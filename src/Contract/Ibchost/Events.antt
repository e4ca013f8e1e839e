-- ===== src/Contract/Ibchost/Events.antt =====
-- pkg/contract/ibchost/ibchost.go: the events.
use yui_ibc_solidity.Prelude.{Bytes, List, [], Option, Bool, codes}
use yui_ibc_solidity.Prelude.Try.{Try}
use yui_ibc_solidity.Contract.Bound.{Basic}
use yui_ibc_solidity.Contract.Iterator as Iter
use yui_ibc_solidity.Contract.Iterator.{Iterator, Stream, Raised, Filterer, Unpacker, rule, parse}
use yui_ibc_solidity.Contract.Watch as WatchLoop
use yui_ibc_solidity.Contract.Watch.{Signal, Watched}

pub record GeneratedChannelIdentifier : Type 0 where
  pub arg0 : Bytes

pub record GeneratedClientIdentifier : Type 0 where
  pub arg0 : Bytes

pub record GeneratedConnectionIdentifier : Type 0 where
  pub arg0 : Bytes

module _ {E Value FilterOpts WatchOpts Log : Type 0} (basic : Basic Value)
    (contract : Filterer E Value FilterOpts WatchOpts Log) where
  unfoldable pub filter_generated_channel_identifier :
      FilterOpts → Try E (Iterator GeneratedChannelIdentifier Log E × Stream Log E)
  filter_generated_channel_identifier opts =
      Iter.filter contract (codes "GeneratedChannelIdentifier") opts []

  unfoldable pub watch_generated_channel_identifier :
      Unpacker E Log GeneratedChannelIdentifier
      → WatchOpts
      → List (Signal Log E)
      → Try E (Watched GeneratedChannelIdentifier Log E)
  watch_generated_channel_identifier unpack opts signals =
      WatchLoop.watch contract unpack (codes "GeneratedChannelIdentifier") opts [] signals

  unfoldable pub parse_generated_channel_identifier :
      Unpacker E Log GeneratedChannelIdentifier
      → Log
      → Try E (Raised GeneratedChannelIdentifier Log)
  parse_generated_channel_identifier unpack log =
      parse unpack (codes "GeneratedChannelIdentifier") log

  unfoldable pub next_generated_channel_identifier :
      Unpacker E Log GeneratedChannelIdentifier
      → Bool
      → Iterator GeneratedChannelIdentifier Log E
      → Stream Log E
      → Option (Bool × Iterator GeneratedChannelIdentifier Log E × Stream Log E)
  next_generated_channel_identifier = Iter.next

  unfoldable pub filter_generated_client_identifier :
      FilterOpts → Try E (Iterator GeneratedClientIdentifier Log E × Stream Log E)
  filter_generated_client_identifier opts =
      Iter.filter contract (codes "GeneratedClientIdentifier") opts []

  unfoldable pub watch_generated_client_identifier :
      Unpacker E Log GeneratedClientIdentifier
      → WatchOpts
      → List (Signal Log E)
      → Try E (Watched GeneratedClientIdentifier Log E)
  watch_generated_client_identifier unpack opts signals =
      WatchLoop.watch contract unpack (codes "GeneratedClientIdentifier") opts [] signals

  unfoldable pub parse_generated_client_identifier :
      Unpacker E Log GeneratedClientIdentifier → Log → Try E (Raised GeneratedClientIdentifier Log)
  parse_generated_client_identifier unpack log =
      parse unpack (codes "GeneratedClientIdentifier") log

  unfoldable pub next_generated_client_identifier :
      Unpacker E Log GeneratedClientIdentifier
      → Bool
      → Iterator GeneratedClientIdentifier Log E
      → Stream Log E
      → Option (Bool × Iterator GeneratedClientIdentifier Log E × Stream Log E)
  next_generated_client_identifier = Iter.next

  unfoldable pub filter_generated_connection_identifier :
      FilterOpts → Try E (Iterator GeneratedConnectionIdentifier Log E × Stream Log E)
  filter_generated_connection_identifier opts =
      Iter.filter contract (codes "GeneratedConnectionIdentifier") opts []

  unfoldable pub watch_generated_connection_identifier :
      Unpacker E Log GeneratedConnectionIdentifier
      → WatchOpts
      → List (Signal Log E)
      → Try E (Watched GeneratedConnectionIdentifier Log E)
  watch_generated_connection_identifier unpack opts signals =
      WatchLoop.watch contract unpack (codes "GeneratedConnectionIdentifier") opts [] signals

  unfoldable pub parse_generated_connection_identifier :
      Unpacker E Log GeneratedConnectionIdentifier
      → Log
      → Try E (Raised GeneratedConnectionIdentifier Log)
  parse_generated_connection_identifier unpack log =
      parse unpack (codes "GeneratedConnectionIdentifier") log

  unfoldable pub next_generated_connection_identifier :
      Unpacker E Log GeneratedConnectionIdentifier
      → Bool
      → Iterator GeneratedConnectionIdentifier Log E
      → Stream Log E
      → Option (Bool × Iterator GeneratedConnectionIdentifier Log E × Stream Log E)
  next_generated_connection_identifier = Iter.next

★ ★ ★ ★

**TRY IT**
Would you repeat all of the entries exactly?

**ANSWER SPACE**
filename src/Contract/Ibchost/Events.antt
repository e4ca013f8e1e839e
-- ===== src/Contract/Ibchost/Events.antt =====
-- pkg/contract/ibchost/ibchost.go: the events.
use yui_ibc_solidity.Prelude.{Bytes, List, [], Option, Bool, codes}
use yui_ibc_solidity.Prelude.Try.{Try}
use yui_ibc_solidity.Contract.Bound.{Basic}
use yui_ibc_solidity.Contract.Iterator as Iter
use yui_ibc_solidity.Contract.Iterator.{Iterator, Stream, Raised, Filterer, Unpacker, rule, parse}
use yui_ibc_solidity.Contract.Watch as WatchLoop
use yui_ibc_solidity.Contract.Watch.{Signal, Watched}

pub record GeneratedChannelIdentifier : Type 0 where
  pub arg0 : Bytes

pub record GeneratedClientIdentifier : Type 0 where
  pub arg0 : Bytes

pub record GeneratedConnectionIdentifier : Type 0 where
  pub arg0 : Bytes

module _ {E Value FilterOpts WatchOpts Log : Type 0} (basic : Basic Value)
    (contract : Filterer E Value FilterOpts WatchOpts Log) where
  unfoldable pub filter_generated_channel_identifier :
      FilterOpts → Try E (Iterator GeneratedChannelIdentifier Log E × Stream Log E)
  filter_generated_channel_identifier opts =
      Iter.filter contract (codes "GeneratedChannelIdentifier") opts []

  unfoldable pub watch_generated_channel_identifier :
      Unpacker E Log GeneratedChannelIdentifier
      → WatchOpts
      → List (Signal Log E)
      → Try E (Watched GeneratedChannelIdentifier Log E)
  watch_generated_channel_identifier unpack opts signals =
      WatchLoop.watch contract unpack (codes "GeneratedChannelIdentifier") opts [] signals

  unfoldable pub parse_generated_channel_identifier :
      Unpacker E Log GeneratedChannelIdentifier
      → Log
      → Try E (Raised GeneratedChannelIdentifier Log)
  parse_generated_channel_identifier unpack log =
      parse unpack (codes "GeneratedChannelIdentifier") log

  unfoldable pub next_generated_channel_identifier :
      Unpacker E Log GeneratedChannelIdentifier
      → Bool
      → Iterator GeneratedChannelIdentifier Log E
      → Stream Log E
      → Option (Bool × Iterator GeneratedChannelIdentifier Log E × Stream Log E)
  next_generated_channel_identifier = Iter.next

  unfoldable pub filter_generated_client_identifier :
      FilterOpts → Try E (Iterator GeneratedClientIdentifier Log E × Stream Log E)
  filter_generated_client_identifier opts =
      Iter.filter contract (codes "GeneratedClientIdentifier") opts []

  unfoldable pub watch_generated_client_identifier :
      Unpacker E Log GeneratedClientIdentifier
      → WatchOpts
      → List (Signal Log E)
      → Try E (Watched GeneratedClientIdentifier Log E)
  watch_generated_client_identifier unpack opts signals =
      WatchLoop.watch contract unpack (codes "GeneratedClientIdentifier") opts [] signals

  unfoldable pub parse_generated_client_identifier :
      Unpacker E Log GeneratedClientIdentifier → Log → Try E (Raised GeneratedClientIdentifier Log)
  parse_generated_client_identifier unpack log =
      parse unpack (codes "GeneratedClientIdentifier") log

  unfoldable pub next_generated_client_identifier :
      Unpacker E Log GeneratedClientIdentifier
      → Bool
      → Iterator GeneratedClientIdentifier Log E
      → Stream Log E
      → Option (Bool × Iterator GeneratedClientIdentifier Log E × Stream Log E)
  next_generated_client_identifier = Iter.next

  unfoldable pub filter_generated_connection_identifier :
      FilterOpts → Try E (Iterator GeneratedConnectionIdentifier Log E × Stream Log E)
  filter_generated_connection_identifier opts =
      Iter.filter contract (codes "GeneratedConnectionIdentifier") opts []

  unfoldable pub watch_generated_connection_identifier :
      Unpacker E Log GeneratedConnectionIdentifier
      → WatchOpts
      → List (Signal Log E)
      → Try E (Watched GeneratedConnectionIdentifier Log E)
  watch_generated_connection_identifier unpack opts signals =
      WatchLoop.watch contract unpack (codes "GeneratedConnectionIdentifier") opts [] signals

  unfoldable pub parse_generated_connection_identifier :
      Unpacker E Log GeneratedConnectionIdentifier
      → Log
      → Try E (Raised GeneratedConnectionIdentifier Log)
  parse_generated_connection_identifier unpack log =
      parse unpack (codes "GeneratedConnectionIdentifier") log

  unfoldable pub next_generated_connection_identifier :
      Unpacker E Log GeneratedConnectionIdentifier
      → Bool
      → Iterator GeneratedConnectionIdentifier Log E
      → Stream Log E
      → Option (Bool × Iterator GeneratedConnectionIdentifier Log E × Stream Log E)
  next_generated_connection_identifier = Iter.next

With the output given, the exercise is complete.